Long Lots Elementary School
Long Lots Elementary School has the largest enrollment of the town’s five elementary school. / File photo

By Thane Grauel

WESTPORT — A request for two modular classrooms outside Long Lots Elementary School, where enrollment is burgeoning and every nook and cranny has been maximized for teaching space, has not had an easy ride.

While funding for two portable classrooms for Coleytown Elementary sailed relatively unscathed through the approval process a year ago, the $600,000 request for Long Lots modulars has encountered a far bumpier road.

Over the last month, the request squeaked by the Board of Education and Board of Finance with 4-3 votes.

On Thursday night, the Finance and Education committees of the Representative Town Meeting — the town body with ultimate say on funding matters — voted to recommend the full RTM approve just $400,000.

That would roughly cover two years’ use of the classrooms instead of four, including up-front installation costs.

The committees’ votes are recommendations to the full RTM, and are not binding.

RTM member Matthew Mandell, District 1.
RTM member Matthew Mandell, District 1

The votes came after a three-hour discussion that was at times difficult.

While education officials and parents noted that the Long Lots space crunch is real, RTM members appeared to give the matter harsher scrutiny than during its recent review of the drastic rezoning of Saugatuck.

Matthew Mandell, District 1, said he was surprised to have gotten emails from parents saying, “Don’t do this.”

“It seems we’ve a bleeding patient here, and we’re just putting Band-Aids on it, rather than taking care of the situation that needs to be addressed, which is we have an imbalance of our population of our town that probably needs to be addressed,” he said.

“Why aren’t we waiting to see what this capacity study is, so that we can really have a rational decision on where we are and what we’re going to do, and two, when are you going to redistrict? I don’t want to hear maybe September 2025, I would like to hear yeah, we are going to do it so that we as the RTM are the ones that are going to pull the trigger on whether we want to spend this money or not, know what’s going to be going on,” he said.

“I don’t want to hear two years from now, ‘Oh, you know that Greens Farms needs more modulars because, well, more people have moved into that area,’ ” Mandell added.

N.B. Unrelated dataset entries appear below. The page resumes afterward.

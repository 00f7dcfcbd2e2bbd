-- ===== src/Orchestrator/Backend/Work.antt =====
-- How the backend agent works on one issue, and its heartbeat.
pub mod Safety
pub mod Spending
pub mod Cleanup
use talki_llm_admission_sche.Base.{
  ℕ, ltb, ◌&&◌, Bool, true, false, not, Option, none, some, List, [], ◌∷◌, String, if◌then◌else◌,
}
use talki_llm_admission_sche.Orchestrator.Labels.{review_label}
use talki_llm_admission_sche.Orchestrator.Actions.{
  M, pure, perform, observe, ◌>>=◌, ◌>>◌, try_github, try_worktree, try_any, finally, Obstacle,
  no_worktree, nothing_generated, nothing_to_commit, crashed, forbidden_paths, git_failed,
  list_open, list_comments, comment, agent_blocked, worked_in, tests_red, add_labels, remove_label,
  create_pr, update_base, create_worktree, remove_worktree, git_add, git_diff, git_commit, git_push,
  log_event,
}
use talki_llm_admission_sche.Orchestrator.Backend.{
  Issue, GeneratedChanges, Env, inprogress_label, done_label, blocked_label, next_issue,
}
use talki_llm_admission_sche.Orchestrator.Backend.Paths.{validate_paths}
use talki_llm_admission_sche.Orchestrator.Backend.Changes.{is_nil, generate_changes, write_files}
use talki_llm_admission_sche.Orchestrator.Backend.Trial.{TestResult, run_tests_with_retries}

-- `_block`
unfoldable pub block : Env → ℕ → Obstacle → M (Unit {0})
block env n reason = do
  perform env.failure (comment n (agent_blocked reason))
  try_github (perform env.failure (remove_label n inprogress_label)) (λ _. pure tt)
  try_github (perform env.failure (add_labels n (blocked_label ∷ []))) (λ _. pure tt)
  perform env.failure (log_event "blocked")

-- A step of `_commit_and_push`, and what follows if its exit code is 0.
abbrev pub git_step : Env → M (Unit {0}) → String → M (Option Obstacle) → M (Option Obstacle)
git_step env step name k = do
  step
  succeeded ← observe env.succeeds
  elim succeeded [ true ↦ k | false ↦ pure (some (git_failed name)) ]

-- `_commit_and_push`: what went wrong, or nothing.
unfoldable pub commit_and_push : Env → ℕ → M (Option Obstacle)
commit_and_push env n = git_step env (perform env.failure (git_add n)) "git add" (do
  perform env.failure (git_diff n)
  staged ← observe env.staged
  elim staged [
    | false ↦ pure (some nothing_to_commit)
    | true ↦
        git_step env (perform env.failure (git_commit n)) "git commit"
          (git_step env (perform env.failure (git_push n)) "git push" (pure none))
  ])

-- `_open_pr`, whose extra label is that of a review.
unfoldable pub open_pr : Env → ℕ → Bool → M ℕ
open_pr env n green = do
  perform env.failure (create_pr n)
  pr ← observe env.new_pr
  elim green [
    | true ↦ pure pr
    | false ↦ (do
      try_github (perform env.failure (add_labels pr (review_label ∷ []))) (λ _. pure tt)
      pure pr)
  ]

-- `_comment_pr_with_tests`
abbrev pub comment_pr_with_tests : Env → ℕ → TestResult → M (Unit {0})
comment_pr_with_tests env pr result =
    try_github (perform env.failure (comment pr (tests_red result.attempts))) (λ _. pure tt)

-- From the pull request on.
unfoldable pub deliver : Env → ℕ → TestResult → M (Unit {0})
unfolding open_pr
deliver env n result = do
  pr ← open_pr env n result.green
  elim result.green [ true ↦ pure tt | false ↦ comment_pr_with_tests env pr result ]
  perform env.failure (comment n (worked_in pr))
  perform env.failure (remove_label n inprogress_label)
  perform env.failure (add_labels n (done_label ∷ []))
  perform env.failure (log_event "done")

abbrev pub by_obstacle : Env → ℕ → TestResult → Option Obstacle → M (Unit {0})
by_obstacle env n result (some reason) = block env n reason
by_obstacle env n result none = deliver env n result

unfoldable pub apply_changes : Env → ℕ → GeneratedChanges → M (Unit {0})
unfolding write_files run_tests_with_retries commit_and_push deliver block
apply_changes env n changes = do
  write_files env (env.worktree n) changes
  result ← run_tests_with_retries env (env.worktree n) changes
  pushed ← commit_and_push env n
  by_obstacle env n result pushed

abbrev pub by_changes : Env → ℕ → Option GeneratedChanges → M (Unit {0})
by_changes env n none = block env n nothing_generated
by_changes env n (some changes) = elim (is_nil (validate_paths changes)) [
  | false ↦ block env n (forbidden_paths (validate_paths changes))
  | true ↦ apply_changes env n changes
]

-- The block of the second `try` of `_work_one`.
unfoldable pub produce : Env → ℕ → M (Unit {0})
unfolding generate_changes block apply_changes validate_paths
produce env n = do
  try_github (perform env.failure (list_comments n)) (λ _. pure tt)
  changes ← generate_changes env
  by_changes env n changes

unfoldable pub in_worktree : Env → ℕ → M (Unit {0})
unfolding produce block
in_worktree env n =
    finally (try_any (produce env n) (block env n crashed))
      (try_any (perform env.failure (remove_worktree n)) (pure tt))

-- Whether there is a worktree.
unfoldable pub prepare : Env → ℕ → M Bool
unfolding block
prepare env n =
    try_worktree
      (do perform env.failure update_base; perform env.failure (create_worktree n); pure true)
      (do block env n no_worktree; pure false)

-- `_work_one`
unfoldable pub work_one : Env → ℕ → M (Unit {0})
unfolding prepare in_worktree
work_one env n = do
  perform env.failure (log_event "pick")
  perform env.failure (add_labels n (inprogress_label ∷ []))
  ready ← prepare env n
  elim ready [ true ↦ in_worktree env n | false ↦ pure tt ]

abbrev pub work_on : Env → Option Issue → M (Unit {0})
work_on env none = pure tt
work_on env (some issue) = work_one env issue.number

unfoldable pub list_issues : Env → M (List Issue)
list_issues env =
    try_github (do perform env.failure (list_open 0); pure env.open_issues)
      λ _. do perform env.failure (log_event "heartbeat-fail"); pure []

-- `heartbeat`, by whether KOLA_BACKEND_PAUSED is set
unfoldable pub heartbeat : Env → Bool → M (Unit {0})
unfolding list_issues work_one next_issue
heartbeat env paused = elim paused [
  | true ↦ perform env.failure (log_event "paused")
  | false ↦ (do issues ← list_issues env; work_on env (next_issue issues))
]
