-- ===== src/Orchestrator/Backend/Permitted.antt =====
-- What the backend agent may do, and that it keeps to it when it asks for a change and writes it.
use talki_llm_admission_sche.Base.{
  ℕ, String, ◌≡◌, ◌⊎◌, inl, refl, Bool, true, false, Option, none, some, List, [], ◌∷◌, All,
}
use talki_llm_admission_sche.Orchestrator.Text.{Text}
use talki_llm_admission_sche.Orchestrator.Actions.{
  Action, Obstacle, other_error, M, list_comments, comment, agent_blocked, add_labels, remove_label,
  remove_worktree, git_add, git_diff, create_pr, ask_llm, create_worktree, git_commit, git_push,
  make_parent, write_file, reserve_tokens, log_event, approve_pr, merge_pr, close_pr, set_labels,
}
use talki_llm_admission_sche.Orchestrator.Actions.Rules.{
  Only, only, pure-Only, raise-Only, bind-Only, then-Only, perform-Only, observe-Only, branch-Only,
  try_github-Only,
}
use talki_llm_admission_sche.Orchestrator.Backend.{
  FileChange, GeneratedChanges, Proposal, Reply, replied, timed_out, llm_error, Reserved, granted,
  exceeded, unavailable, Env, inprogress_label, blocked_label,
}
use talki_llm_admission_sche.Orchestrator.Backend.Paths.{joined, all_files, validate_paths}
use talki_llm_admission_sche.Orchestrator.Backend.Paths.Laws.{IsAccepted, validate_paths_iff}
use talki_llm_admission_sche.Orchestrator.Backend.Changes.{
  is_nil, give_up, expected_tokens, settle, by_reply, consult, by_reserved, ask, finish_changes,
  finish_fix, write_content, write_one, write_each, write_files,
}
use talki_llm_admission_sche.Orchestrator.Backend.Work.{block}

-- The place belongs to a path that the check accepts, in the worktree of an issue that may be worked on.
pub record MayWrite (env : Env) (P : ℕ → Type 0) (target : Text) : Type 0 where
  pub issue : ℕ
  pub taken : P issue
  pub change : FileChange
  pub path : Text
  pub same : change.path ≡ some path
  pub accepted : IsAccepted change
  pub place : target ≡ joined (env.worktree issue) path

-- The number of a pull request that GitHub has just given to the agent.
abbrev pub IsNewPr : Env → ℕ → Type 0
IsNewPr env n = (k : ℕ) × (env.new_pr k ≡ n)

-- What is asked of an action, by which issues may be worked on: comments and new labels are for such an issue or for
-- the pull request that the agent has opened.
abbrev pub Permitted : Env → (ℕ → Type 0) → Action → Type 0
Permitted env P (make_parent target) = MayWrite env P target
Permitted env P (write_file target) = MayWrite env P target
Permitted env P (list_comments n) = P n
Permitted env P (comment n text) = P n ⊎ IsNewPr env n
Permitted env P (add_labels n labels) = P n ⊎ IsNewPr env n
Permitted env P (remove_label n name) = P n
Permitted env P (create_worktree n) = P n
Permitted env P (remove_worktree n) = P n
Permitted env P (git_add n) = P n
Permitted env P (git_diff n) = P n
Permitted env P (git_commit n) = P n
Permitted env P (git_push n) = P n
Permitted env P (create_pr n) = P n
Permitted env P (approve_pr n) = ⊥
Permitted env P (merge_pr n) = ⊥
Permitted env P (close_pr n) = ⊥
Permitted env P (set_labels n labels) = ⊥
Permitted env P _ = Unit

module _ (env : Env) (P : ℕ → Type 0) where
  pub block-Only : (n : ℕ) → P n → (reason : Obstacle) → Only (Permitted env P) (block env n reason)
  unfolding block
  block-Only n taken reason =
      then-Only (perform-Only env.failure (comment n (agent_blocked reason)) (inl taken)) (
        then-Only
          (try_github-Only (perform-Only env.failure (remove_label n inprogress_label) taken)
            (λ _. pure-Only tt))
          (then-Only
            (try_github-Only
              (perform-Only env.failure (add_labels n (blocked_label ∷ [])) (inl taken))
              (λ _. pure-Only tt))
            (perform-Only env.failure (log_event "blocked") tt)))

  give_up-Only : (event : String) → Only (Permitted env P) (give_up env event)
  give_up-Only event = search only

  settle-Only : (reserved : Bool) (tokens : ℕ) → Only (Permitted env P) (settle env reserved tokens)
  settle-Only true tokens = search only
  settle-Only false tokens = search only

  module _ (finish : Option Proposal → M (Option GeneratedChanges))
      (finished : (p : Option Proposal) → Only (Permitted env P) (finish p)) where
    by_reply-Only :
        (reserved : Bool) (r : Reply) → Only (Permitted env P) (by_reply env reserved finish r)
    by_reply-Only reserved (replied content tokens) =
        then-Only (settle-Only reserved tokens) (finished content)
    by_reply-Only reserved timed_out =
        then-Only (settle-Only reserved expected_tokens) (give_up-Only "llm-timeout")
    by_reply-Only reserved llm_error =
        then-Only (settle-Only reserved expected_tokens) (give_up-Only "llm-error")

    consult-Only : (reserved : Bool) → Only (Permitted env P) (consult env finish reserved)
    consult-Only reserved =
        then-Only (perform-Only env.failure ask_llm tt)
          (bind-Only (observe-Only env.reply) (by_reply-Only reserved))

    by_reserved-Only : (r : Reserved) → Only (Permitted env P) (by_reserved env finish r)
    by_reserved-Only granted = consult-Only true
    by_reserved-Only exceeded = search only
    by_reserved-Only unavailable =
        then-Only (perform-Only env.failure (log_event "budget-unavailable") tt)
          (consult-Only false)

    pub ask-Only : Only (Permitted env P) (ask env finish)
    unfolding ask
    ask-Only =
        then-Only (perform-Only env.failure (reserve_tokens expected_tokens) tt)
          (bind-Only (observe-Only env.reserved) by_reserved-Only)

  pub finish_changes-Only : (p : Option Proposal) → Only (Permitted env P) (finish_changes env p)
  finish_changes-Only none = search only
  finish_changes-Only (some p) = branch-Only p.is_blocked (search only) (pure-Only _)

  pub finish_fix-Only :
      (previous : GeneratedChanges) (p : Option Proposal)
      → Only (Permitted env P) (finish_fix env previous p)
  finish_fix-Only previous none = search only
  finish_fix-Only previous (some p) = pure-Only _

  write_one-Only :
      (n : ℕ)
      → P n
      → (f : FileChange) (path : Option Text) → f.path ≡ path
      → IsAccepted f
      → Only (Permitted env P) (write_one env (env.worktree n) path f.content)
  write_one-Only n taken f none e accepted = raise-Only other_error
  write_one-Only n taken f (some path) e accepted =
      let may : MayWrite env P (joined (env.worktree n) path) = record {
        issue = n;
        taken = taken;
        change = f;
        path = path;
        same = e;
        accepted = accepted;
        place = refl;
      } in
      then-Only (perform-Only env.failure (make_parent (joined (env.worktree n) path)) may)
        (write_content-Only f.content (joined (env.worktree n) path) may)
    where
      write_content-Only :
          (content : Option Text) (target : Text)
          → MayWrite env P target
          → Only (Permitted env P) (write_content env target content)
      write_content-Only none target may = raise-Only other_error
      write_content-Only (some content) target may =
          perform-Only env.failure (write_file target) may

  write_each-Only :
      (n : ℕ)
      → P n
      → (files : List FileChange) → All IsAccepted files
      → Only (Permitted env P) (write_each env (env.worktree n) files)
  unfolding write_each
  write_each-Only n taken [] h = pure-Only tt
  write_each-Only n taken (f ∷ files) h =
      then-Only (write_one-Only n taken f f.path refl h.0) (write_each-Only n taken files h.1)

  pub checked_write-Only :
      (n : ℕ)
      → P n
      → (changes : GeneratedChanges) → is_nil (validate_paths changes) ≡ true
      → Only (Permitted env P) (write_files env (env.worktree n) changes)
  unfolding write_files
  checked_write-Only n taken changes h =
      write_each-Only n taken (all_files changes)
        ((validate_paths_iff changes).0 (nil_of (validate_paths changes) h))
    where
      nil_of : (l : List Text) → is_nil l ≡ true → l ≡ []
      nil_of [] h = refl
      nil_of (x ∷ l) h = absurd (cc)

“So, what’s up?” he asked Supt. of Schools Thomas Scarice.

“You missed a lot,” replied Scarice, who has said that comprehensive redistricting of the school district is not possible until 2025.

Board of Education Chairwoman Lee Goldstein.
Board of Education Chairwoman Lee Goldstein

“Two hundred parents from Long Lots signed a co-email to say they support the modulars,” he said. “All eight of our schools’ PTA presidents co-signed a letter also supporting this.”

Scarice said he was sure whatever feedback Mandell had was not a preponderance of opinion.

“I’m not against redistricting,” Scarice said. “I’m against rushed redistricting.”

Other RTM members expressed concerns about the funding, and the timeline for redistricting.

Board of Education Chairwoman Lee Goldstein said she had no problem with appropriating two years’ funding instead of four for the modulars, but took issue with some of the comments.

“I will say, this whole wagging fingers and stern admonitions in reports and the forcing action is pretty insulting,” she said.

“And unwarranted for a board that has been moving really quickly with this,” Goldstein added.